## WORK REQUEST
Copy verbatim the block of lines in the entries below whose first line contains "-- ===== src/Strlib/Replace/Ends.antt" and whose last line contains "(some e, after))". Leave out all other lines.

## SOURCE MATERIAL
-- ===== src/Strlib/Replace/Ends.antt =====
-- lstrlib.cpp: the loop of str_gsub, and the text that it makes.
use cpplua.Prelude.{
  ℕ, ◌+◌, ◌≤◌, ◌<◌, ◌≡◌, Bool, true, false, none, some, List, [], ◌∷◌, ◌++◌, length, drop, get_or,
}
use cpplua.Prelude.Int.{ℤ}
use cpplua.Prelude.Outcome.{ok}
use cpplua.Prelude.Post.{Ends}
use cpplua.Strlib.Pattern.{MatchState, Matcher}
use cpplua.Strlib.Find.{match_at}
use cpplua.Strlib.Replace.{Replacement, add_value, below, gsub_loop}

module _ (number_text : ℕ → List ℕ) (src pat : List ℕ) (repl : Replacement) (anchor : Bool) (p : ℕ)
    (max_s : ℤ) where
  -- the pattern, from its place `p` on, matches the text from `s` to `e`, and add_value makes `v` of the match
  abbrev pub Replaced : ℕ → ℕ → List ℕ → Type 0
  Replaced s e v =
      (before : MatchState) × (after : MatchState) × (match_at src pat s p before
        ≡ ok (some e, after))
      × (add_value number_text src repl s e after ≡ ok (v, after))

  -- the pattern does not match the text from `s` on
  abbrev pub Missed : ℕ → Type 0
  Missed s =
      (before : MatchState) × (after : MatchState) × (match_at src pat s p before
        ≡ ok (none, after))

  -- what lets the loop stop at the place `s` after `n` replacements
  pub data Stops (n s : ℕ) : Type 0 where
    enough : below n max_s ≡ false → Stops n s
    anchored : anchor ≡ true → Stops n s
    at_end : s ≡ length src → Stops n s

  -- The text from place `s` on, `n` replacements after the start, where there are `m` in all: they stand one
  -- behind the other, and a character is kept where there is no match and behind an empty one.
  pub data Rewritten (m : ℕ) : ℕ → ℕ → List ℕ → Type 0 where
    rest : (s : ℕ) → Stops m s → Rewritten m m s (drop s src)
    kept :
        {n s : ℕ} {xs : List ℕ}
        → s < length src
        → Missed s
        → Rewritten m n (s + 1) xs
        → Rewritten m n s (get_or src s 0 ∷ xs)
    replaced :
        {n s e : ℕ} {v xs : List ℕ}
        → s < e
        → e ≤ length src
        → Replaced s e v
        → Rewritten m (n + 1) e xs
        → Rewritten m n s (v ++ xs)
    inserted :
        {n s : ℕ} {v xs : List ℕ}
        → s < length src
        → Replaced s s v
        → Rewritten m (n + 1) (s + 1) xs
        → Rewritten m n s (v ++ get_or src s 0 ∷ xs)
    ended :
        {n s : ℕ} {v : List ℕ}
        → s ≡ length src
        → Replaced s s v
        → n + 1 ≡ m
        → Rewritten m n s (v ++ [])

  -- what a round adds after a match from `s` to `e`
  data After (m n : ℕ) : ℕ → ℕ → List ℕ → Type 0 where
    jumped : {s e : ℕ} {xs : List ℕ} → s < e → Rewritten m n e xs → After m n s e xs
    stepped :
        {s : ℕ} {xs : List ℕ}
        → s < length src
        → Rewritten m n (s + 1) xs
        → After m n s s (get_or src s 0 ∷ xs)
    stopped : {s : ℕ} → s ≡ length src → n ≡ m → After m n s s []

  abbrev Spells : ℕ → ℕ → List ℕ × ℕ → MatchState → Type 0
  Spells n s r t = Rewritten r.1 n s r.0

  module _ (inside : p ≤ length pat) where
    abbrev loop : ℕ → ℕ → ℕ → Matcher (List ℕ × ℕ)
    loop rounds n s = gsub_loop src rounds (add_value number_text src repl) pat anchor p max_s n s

* * *

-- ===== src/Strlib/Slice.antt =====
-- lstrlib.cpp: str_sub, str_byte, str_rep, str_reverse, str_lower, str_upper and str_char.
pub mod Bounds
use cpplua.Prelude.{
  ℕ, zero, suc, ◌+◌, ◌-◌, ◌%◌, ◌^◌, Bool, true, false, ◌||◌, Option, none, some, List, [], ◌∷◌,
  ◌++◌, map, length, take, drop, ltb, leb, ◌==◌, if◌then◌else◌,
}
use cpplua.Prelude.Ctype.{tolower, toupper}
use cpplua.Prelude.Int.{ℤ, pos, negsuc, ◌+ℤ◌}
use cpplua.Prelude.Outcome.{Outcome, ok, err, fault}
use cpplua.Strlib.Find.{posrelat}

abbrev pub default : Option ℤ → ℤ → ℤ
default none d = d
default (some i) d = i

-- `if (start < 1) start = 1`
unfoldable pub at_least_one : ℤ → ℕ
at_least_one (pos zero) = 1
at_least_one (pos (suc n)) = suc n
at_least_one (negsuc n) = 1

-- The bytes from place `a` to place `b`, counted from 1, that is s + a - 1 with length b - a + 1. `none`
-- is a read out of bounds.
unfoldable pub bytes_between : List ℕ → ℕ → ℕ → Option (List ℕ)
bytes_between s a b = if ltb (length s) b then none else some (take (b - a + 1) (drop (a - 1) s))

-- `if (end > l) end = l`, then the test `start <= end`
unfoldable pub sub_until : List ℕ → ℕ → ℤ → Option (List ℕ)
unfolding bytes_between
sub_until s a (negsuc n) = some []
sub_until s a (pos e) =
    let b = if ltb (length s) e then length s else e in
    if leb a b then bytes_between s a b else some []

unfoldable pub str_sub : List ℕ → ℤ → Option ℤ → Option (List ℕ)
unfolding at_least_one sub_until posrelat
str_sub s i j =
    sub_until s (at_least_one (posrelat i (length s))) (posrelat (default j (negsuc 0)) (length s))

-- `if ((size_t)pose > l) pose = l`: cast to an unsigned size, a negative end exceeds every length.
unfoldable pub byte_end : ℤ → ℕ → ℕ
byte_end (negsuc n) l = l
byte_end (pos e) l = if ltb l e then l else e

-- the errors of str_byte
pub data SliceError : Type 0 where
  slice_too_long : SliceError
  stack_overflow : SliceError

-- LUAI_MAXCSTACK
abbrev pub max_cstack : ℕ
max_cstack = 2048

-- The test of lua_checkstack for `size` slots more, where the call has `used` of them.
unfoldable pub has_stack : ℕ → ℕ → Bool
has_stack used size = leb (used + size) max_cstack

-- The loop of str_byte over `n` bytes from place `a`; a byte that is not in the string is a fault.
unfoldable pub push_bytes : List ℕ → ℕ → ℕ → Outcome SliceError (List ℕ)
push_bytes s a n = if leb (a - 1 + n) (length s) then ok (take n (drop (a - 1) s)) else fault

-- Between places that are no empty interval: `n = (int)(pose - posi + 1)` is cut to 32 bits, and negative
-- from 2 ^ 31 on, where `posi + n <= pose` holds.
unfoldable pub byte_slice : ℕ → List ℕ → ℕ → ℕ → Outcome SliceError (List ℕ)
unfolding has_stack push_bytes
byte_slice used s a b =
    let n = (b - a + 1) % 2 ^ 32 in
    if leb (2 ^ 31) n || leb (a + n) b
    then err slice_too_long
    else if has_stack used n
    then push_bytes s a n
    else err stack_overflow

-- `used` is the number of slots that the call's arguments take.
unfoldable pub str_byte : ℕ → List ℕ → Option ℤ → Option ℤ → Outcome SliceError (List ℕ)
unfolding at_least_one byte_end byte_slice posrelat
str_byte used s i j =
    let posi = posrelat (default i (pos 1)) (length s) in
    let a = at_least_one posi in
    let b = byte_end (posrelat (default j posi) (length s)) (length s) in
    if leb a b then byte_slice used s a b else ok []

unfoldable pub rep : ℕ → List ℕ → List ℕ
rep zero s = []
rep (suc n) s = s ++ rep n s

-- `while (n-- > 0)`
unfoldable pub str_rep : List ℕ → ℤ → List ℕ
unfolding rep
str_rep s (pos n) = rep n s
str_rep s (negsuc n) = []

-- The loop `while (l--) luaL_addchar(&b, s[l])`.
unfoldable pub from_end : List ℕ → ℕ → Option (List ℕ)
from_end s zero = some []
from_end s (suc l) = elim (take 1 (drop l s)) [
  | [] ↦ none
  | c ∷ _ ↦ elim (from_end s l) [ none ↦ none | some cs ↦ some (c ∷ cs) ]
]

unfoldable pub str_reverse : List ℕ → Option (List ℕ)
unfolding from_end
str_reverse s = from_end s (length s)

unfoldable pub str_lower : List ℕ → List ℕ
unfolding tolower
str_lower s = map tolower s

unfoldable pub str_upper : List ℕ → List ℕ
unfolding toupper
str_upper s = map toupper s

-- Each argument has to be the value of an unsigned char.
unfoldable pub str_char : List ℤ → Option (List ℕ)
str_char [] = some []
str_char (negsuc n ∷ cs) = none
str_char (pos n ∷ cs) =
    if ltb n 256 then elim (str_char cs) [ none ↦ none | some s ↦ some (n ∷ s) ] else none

...

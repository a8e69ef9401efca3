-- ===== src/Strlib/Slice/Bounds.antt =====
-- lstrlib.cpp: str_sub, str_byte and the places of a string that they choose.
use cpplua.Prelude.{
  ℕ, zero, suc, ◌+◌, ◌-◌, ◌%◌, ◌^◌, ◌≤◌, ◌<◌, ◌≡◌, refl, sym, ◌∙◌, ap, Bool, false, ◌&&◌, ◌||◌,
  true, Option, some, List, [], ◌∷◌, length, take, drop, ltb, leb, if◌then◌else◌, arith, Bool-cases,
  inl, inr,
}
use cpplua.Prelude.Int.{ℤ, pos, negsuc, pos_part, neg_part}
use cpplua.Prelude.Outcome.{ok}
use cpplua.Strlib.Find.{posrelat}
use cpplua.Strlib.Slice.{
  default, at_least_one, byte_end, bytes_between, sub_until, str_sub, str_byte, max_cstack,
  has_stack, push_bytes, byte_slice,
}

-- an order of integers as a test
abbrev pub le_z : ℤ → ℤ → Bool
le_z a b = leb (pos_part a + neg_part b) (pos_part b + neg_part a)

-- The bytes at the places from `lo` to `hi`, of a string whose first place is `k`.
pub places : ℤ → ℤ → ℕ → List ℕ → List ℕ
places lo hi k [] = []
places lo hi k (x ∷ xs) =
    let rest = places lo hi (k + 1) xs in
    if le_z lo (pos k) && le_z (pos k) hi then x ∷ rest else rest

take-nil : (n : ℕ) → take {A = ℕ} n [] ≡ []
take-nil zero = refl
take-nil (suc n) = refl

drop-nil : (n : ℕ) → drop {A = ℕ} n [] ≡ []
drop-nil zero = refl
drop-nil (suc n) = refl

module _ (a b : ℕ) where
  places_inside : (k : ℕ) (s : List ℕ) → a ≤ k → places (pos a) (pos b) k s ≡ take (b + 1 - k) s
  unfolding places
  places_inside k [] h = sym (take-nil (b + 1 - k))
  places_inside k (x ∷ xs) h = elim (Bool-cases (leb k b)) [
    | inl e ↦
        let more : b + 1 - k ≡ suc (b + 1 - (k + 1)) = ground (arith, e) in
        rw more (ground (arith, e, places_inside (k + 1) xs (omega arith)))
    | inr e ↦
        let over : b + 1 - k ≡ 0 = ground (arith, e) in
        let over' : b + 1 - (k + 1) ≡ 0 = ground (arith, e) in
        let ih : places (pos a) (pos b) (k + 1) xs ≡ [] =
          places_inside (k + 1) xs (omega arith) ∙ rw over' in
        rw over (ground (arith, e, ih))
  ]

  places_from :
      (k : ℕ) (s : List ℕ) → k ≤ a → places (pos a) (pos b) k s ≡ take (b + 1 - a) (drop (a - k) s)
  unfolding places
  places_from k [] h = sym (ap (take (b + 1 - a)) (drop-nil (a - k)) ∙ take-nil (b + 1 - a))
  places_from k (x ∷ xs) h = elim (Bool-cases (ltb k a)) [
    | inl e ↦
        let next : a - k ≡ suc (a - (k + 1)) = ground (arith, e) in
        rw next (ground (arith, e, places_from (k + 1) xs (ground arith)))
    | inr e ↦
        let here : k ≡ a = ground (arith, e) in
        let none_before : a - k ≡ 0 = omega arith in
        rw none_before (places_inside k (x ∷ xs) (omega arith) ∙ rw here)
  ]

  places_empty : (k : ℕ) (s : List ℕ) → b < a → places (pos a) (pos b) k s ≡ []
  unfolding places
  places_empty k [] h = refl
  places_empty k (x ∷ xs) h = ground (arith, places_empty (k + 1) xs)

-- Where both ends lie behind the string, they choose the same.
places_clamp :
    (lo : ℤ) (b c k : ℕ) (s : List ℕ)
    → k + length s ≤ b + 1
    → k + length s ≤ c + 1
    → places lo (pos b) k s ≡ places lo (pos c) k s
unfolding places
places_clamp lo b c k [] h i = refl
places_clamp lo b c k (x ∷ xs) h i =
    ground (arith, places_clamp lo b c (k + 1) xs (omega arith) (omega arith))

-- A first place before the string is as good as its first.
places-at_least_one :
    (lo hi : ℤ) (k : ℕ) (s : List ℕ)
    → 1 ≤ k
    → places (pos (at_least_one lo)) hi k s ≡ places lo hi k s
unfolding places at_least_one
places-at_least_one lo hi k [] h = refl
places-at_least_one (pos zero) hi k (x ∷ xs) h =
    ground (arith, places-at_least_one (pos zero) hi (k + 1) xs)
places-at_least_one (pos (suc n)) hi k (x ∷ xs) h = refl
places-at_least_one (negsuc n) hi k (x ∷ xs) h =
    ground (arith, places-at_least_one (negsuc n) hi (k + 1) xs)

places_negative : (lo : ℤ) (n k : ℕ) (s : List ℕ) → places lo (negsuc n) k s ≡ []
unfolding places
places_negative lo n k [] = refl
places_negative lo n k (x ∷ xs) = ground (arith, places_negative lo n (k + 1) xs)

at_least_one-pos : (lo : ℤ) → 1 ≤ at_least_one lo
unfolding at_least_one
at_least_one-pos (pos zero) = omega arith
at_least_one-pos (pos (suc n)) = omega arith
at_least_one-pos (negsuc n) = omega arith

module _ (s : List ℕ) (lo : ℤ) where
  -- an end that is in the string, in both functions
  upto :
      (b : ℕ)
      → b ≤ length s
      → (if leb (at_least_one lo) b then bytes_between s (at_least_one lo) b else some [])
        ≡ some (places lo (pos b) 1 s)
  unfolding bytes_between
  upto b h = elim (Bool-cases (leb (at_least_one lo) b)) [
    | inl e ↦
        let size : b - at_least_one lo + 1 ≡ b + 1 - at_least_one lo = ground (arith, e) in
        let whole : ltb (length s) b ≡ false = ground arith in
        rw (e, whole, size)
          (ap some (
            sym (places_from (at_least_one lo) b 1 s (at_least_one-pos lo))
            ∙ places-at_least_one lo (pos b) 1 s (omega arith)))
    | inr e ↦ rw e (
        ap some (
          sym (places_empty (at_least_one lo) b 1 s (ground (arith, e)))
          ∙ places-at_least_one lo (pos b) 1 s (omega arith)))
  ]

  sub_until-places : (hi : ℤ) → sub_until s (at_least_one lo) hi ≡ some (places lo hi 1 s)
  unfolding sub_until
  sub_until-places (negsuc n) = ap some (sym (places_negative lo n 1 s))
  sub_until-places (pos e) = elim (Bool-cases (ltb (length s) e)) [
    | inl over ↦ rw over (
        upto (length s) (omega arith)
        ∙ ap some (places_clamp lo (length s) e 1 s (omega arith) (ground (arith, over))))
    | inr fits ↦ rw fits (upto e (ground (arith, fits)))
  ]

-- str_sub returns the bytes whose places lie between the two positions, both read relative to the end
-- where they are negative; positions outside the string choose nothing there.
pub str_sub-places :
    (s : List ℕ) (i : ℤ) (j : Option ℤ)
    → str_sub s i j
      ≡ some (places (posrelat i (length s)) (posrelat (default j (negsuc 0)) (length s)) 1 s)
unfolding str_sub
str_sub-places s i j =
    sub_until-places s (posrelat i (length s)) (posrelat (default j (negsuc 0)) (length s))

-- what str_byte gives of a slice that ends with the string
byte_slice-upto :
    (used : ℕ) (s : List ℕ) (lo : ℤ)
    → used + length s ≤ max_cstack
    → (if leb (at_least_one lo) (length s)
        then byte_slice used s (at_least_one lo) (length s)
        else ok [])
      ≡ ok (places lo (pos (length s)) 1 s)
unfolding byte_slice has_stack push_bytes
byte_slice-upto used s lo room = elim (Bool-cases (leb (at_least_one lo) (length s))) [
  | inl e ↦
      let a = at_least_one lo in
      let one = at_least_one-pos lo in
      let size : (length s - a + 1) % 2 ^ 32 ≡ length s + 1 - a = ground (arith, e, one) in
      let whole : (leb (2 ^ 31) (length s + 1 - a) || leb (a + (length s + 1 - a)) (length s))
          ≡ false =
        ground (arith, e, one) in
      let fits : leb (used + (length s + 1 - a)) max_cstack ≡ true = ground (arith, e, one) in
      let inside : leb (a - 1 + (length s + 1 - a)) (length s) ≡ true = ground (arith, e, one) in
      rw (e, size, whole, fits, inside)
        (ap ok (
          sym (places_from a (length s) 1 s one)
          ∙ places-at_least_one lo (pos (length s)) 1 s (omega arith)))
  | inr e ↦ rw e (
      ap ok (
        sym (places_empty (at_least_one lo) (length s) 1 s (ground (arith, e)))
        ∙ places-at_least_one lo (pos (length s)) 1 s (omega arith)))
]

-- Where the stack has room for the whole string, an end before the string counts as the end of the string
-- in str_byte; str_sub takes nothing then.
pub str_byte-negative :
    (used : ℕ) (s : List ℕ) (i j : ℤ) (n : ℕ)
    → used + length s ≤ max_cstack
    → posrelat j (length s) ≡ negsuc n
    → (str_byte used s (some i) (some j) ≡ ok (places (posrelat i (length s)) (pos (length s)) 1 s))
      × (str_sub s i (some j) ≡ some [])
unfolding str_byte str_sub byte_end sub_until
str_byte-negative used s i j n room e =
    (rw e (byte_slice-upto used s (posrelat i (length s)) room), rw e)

## EXERCISE ANSWER
-- ===== src/Strlib/Replace/Ends.antt =====
-- lstrlib.cpp: the loop of str_gsub, and the text that it makes.
use cpplua.Prelude.{
  ℕ, ◌+◌, ◌≤◌, ◌<◌, ◌≡◌, Bool, true, false, none, some, List, [], ◌∷◌, ◌++◌, length, drop, get_or,
}
use cpplua.Prelude.Int.{ℤ}
use cpplua.Prelude.Outcome.{ok}
use cpplua.Prelude.Post.{Ends}
use cpplua.Strlib.Pattern.{MatchState, Matcher}
use cpplua.Strlib.Find.{match_at}
use cpplua.Strlib.Replace.{Replacement, add_value, below, gsub_loop}

module _ (number_text : ℕ → List ℕ) (src pat : List ℕ) (repl : Replacement) (anchor : Bool) (p : ℕ)
    (max_s : ℤ) where
  -- the pattern, from its place `p` on, matches the text from `s` to `e`, and add_value makes `v` of the match
  abbrev pub Replaced : ℕ → ℕ → List ℕ → Type 0
  Replaced s e v =
      (before : MatchState) × (after : MatchState) × (match_at src pat s p before
        ≡ ok (some e, after))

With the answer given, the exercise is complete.